I found the website. I read a few paragraphs on the page and I thought, I NEED to learn this.

I instantly showed up the next class and that's how it all started.


----------



## Drunken Ronin (Jun 26, 2013)

Because of it's advertised prowess and effectiveness then feeling it's effectiveness and thinking this is for me. Being blessed with great teachers and classmates is a significant reason too. There is a little part of me that wanted to be in Kung fu films from the 70's also...


----------



## Erick (Jul 3, 2013)

When I started training, I had no clue what Wing Chun was. Friend was talking to me at a party about how he trained in martial arts and asked me to stop by because I showed interest. Ever since then, I've been hooked.


----------



## Wingchunheaven (Jul 22, 2013)

The movie, Dragon the Bruce Lee Story when I was in high school. That was back in the early 90's. I have been studying wing chin in Hong Kong. I study the Leung Sheung lineage where I am at currently, but travel to Hong along to learn Yuen Kay San and Tang Yick Weng Chun. I have a group on FaceBook that show these two systems, plus whatever else related to Wing Chun. You can check out my group

https://www.facebook.com/groups/127959260747910/


----------



## Transk53 (Jul 22, 2013)

IYWC said:


> Love this question!
> 
> The basics of my story was I used to play football (soccer) at a semi-professional level looking to get into the pros but was cursed with a series of hamstring injuries so I took up yoga to stretch it out but wanted to do something more and came across my instructor randomly by us working in the same DIY store and he showed me some moves and I was like damn I gotta learn that S***! The also taught me a lot about body mechanics and fixed the issue I had with my hamstrings so I could continue my football career... BUT I fell in love with WC and that was it, stuck to it and now I'm and instructor myself!




That is probably the best act of karma I know. That is like the very best in #### happens


----------



## Three (Jul 29, 2013)

I never heard of wing chun prior to 1998. Though unknowingly doing siu lim tao before that.

I couldn't find a WC school during that time so eventually I steered toward judo, which I did for 6 years.
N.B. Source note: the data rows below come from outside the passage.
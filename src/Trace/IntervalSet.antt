-- ===== src/Trace/IntervalSet.antt =====
-- include/noleax/trace/interval_set.hpp: ordered half-open intervals that carry a value.
-- The `std::map` from begin to (end, value) is the list of its entries in key order.
pub mod Reference
pub mod Subtract
pub mod Laws
mod Tests
use noleax.Prelude.{
  ℕ, ◌+◌, ◌-◌, ◌%◌, ◌^◌, List, [], ◌∷◌, ◌++◌, Bool, true, false, ◌&&◌, Option, none, some, ltb, leb,
  ◌==◌, if◌then◌else◌, length,
}

-- `IntervalSet::Fragment`, `[begin, end)`; also an entry of the map, with its key as `begin`.
pub record Fragment {ℓ} (T : Type ℓ) : Type ℓ where
  pub begin : ℕ
  pub end : ℕ
  pub value : T

abbrev pub IntervalSet {ℓ} : Type ℓ → Type ℓ
IntervalSet T = List (Fragment T)

module _ {ℓ} {T : Type ℓ} where
  -- `std::map::emplace`: nothing is changed where the key is present.
  unfoldable pub emplace : Fragment T → IntervalSet T → IntervalSet T
  emplace f [] = f ∷ []
  emplace f (g ∷ gs) =
      if ltb f.begin g.begin
      then f ∷ g ∷ gs
      else if f.begin == g.begin
      then g ∷ gs
      else g ∷ emplace f gs

  -- `std::map::upper_bound`: the entries before the iterator, and those from it on.
  unfoldable pub upper_bound : ℕ → IntervalSet T → IntervalSet T × IntervalSet T
  upper_bound key [] = ([], [])
  upper_bound key (f ∷ fs) =
      let (le, gt) = upper_bound key fs in if ltb key f.begin then ([], f ∷ fs) else (f ∷ le, gt)

  -- The `std::prev` of an iterator, if it is not `begin()`.
  unfoldable pub last_entry : IntervalSet T → Option (Fragment T)
  last_entry [] = none
  last_entry (f ∷ []) = some f
  last_entry (f ∷ g ∷ gs) = last_entry (g ∷ gs)

  unfoldable pub empty : IntervalSet T → Bool
  empty [] = true
  empty (f ∷ fs) = false

  unfoldable pub size : IntervalSet T → ℕ
  size fs = length fs

  -- `total += entry.first - begin`, in `std::uint64_t`
  unfoldable pub total_from : ℕ → IntervalSet T → ℕ
  total_from total [] = total
  total_from total (f ∷ fs) = total_from ((total + (f.end + 2 ^ 64 - f.begin) % 2 ^ 64) % 2 ^ 64) fs

  unfoldable pub total_bytes : IntervalSet T → ℕ
  total_bytes fs = total_from 0 fs

  unfoldable pub candidate : ℕ → IntervalSet T → Option (Fragment T)
  candidate point fs = elim (last_entry (upper_bound point fs).0) [
    | none ↦ none
    | some f ↦ if ltb point f.end then some f else none
  ]

  unfoldable pub find : ℕ → IntervalSet T → Option (Fragment T)
  find point fs = candidate point fs

  -- The step back of `range_start`, over the two parts that `upper_bound` gives.
  unfoldable pub back_up : ℕ → IntervalSet T → IntervalSet T → IntervalSet T × IntervalSet T
  back_up begin [] gt = ([], gt)
  back_up begin (f ∷ []) gt = if ltb begin f.end then ([], f ∷ gt) else (f ∷ [], gt)
  back_up begin (f ∷ g ∷ le) gt =
      let (before, rest) = back_up begin (g ∷ le) gt in (f ∷ before, rest)

  unfoldable pub range_start : ℕ → IntervalSet T → IntervalSet T × IntervalSet T
  range_start begin fs = let (le, gt) = upper_bound begin fs in back_up begin le gt

  abbrev pub clip_begin : ℕ → Fragment T → ℕ
  clip_begin begin f = if ltb f.begin begin then begin else f.begin

  abbrev pub clip_end : ℕ → Fragment T → ℕ
  clip_end end f = if ltb f.end end then f.end else end

  -- `if (clip_begin < clip_end) result.push_back(...)`
  abbrev pub push_clip : ℕ → ℕ → Fragment T → List (Fragment T) → List (Fragment T)
  push_clip begin end f rest =
      if ltb (clip_begin begin f) (clip_end end f)
      then record { begin = clip_begin begin f; end = clip_end end f; value = f.value } ∷ rest
      else rest

  -- The loop of `intersections`, from the iterator on.
  pub intersections_loop : ℕ → ℕ → IntervalSet T → List (Fragment T)
  intersections_loop begin end [] = []
  intersections_loop begin end (f ∷ fs) =
      let later = intersections_loop begin end fs in
      if ltb f.begin end then push_clip begin end f later else []

  pub intersections : ℕ → ℕ → IntervalSet T → List (Fragment T)
  intersections begin end fs =
      if leb end begin then [] else intersections_loop begin end (range_start begin fs).1

  -- The entries from the iterator on whose key is below `end`, and the others: the loop of
  -- `subtract` visits the former, and what it emplaces, at the key `end`, joins the latter.
  unfoldable pub lower_bound : ℕ → IntervalSet T → IntervalSet T × IntervalSet T
  lower_bound end [] = ([], [])
  lower_bound end (f ∷ fs) =
      let (low, high) = lower_bound end fs in
      if ltb f.begin end then (f ∷ low, high) else ([], f ∷ fs)

  -- The loop of `subtract`: the removed pieces, and the entries from the iterator's start on.
  unfoldable pub subtract_loop :
      ℕ → ℕ → IntervalSet T → IntervalSet T → List (Fragment T) × IntervalSet T
  subtract_loop begin end [] high = ([], high)
  subtract_loop begin end (f ∷ fs) high =
      let suffix : Fragment T = record { begin = end; end = f.end; value = f.value } in
      let prefix : Fragment T = record f { end = begin } in
      let kept = subtract_loop begin end fs high in
      let moved = subtract_loop begin end fs (emplace suffix high) in
      if ltb f.begin begin && ltb end f.end
      then (push_clip begin end f [], prefix ∷ fs ++ emplace suffix high)
      else if ltb f.begin begin
      then (push_clip begin end f kept.0, prefix ∷ kept.1)
      else if ltb end f.end
      then (push_clip begin end f moved.0, moved.1)
      else (push_clip begin end f kept.0, kept.1)

  -- The removed pieces, and the set that is left.
  unfoldable pub subtract : ℕ → ℕ → IntervalSet T → List (Fragment T) × IntervalSet T
  subtract begin end fs =
      if leb end begin
      then ([], fs)
      else let (before, rest) = range_start begin fs in
        let (low, high) = lower_bound end rest in
        let (removed, kept) = subtract_loop begin end low high in (removed, before ++ kept)

  -- The evicted pieces, and the set with the new interval.
  unfoldable pub insert : ℕ → ℕ → T → IntervalSet T → List (Fragment T) × IntervalSet T
  insert begin end value fs =
      let (evicted, left) = subtract begin end fs in
      if ltb begin end
      then (evicted, emplace (record { begin = begin; end = end; value = value }) left)
      else (evicted, left)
In 2009, I saw Donnie yen's IP Man and got back into it. I have yet to have enrolled in a WC schools as of now but will when I have money


----------



## wingchun100 (Feb 13, 2014)

I think the style is a better fit for the kind of person I am. I'm very quiet...keep to myself...not a show-off kind of person. Wing chun is subtle and not at all flashy. Perfect fit for me!


----------



## TinTin_57 (Jul 28, 2014)

Domino said:


> I hadn't trained previously but a friend who trained in Lau Gar wanted to try an Ip Man lineage school so we went down for a few months, he didn't carry on training and I'm still there to this day.



Actually, the true story of that guy is that he had trained in TKD for 7 years, Lau Gar privately for 4 years until his Sifu moved away. He then took up Wing Chun for 2 years until being on the road for work got in the way of training. He is now back after a 4 year break following a stabilisation of the work pattern.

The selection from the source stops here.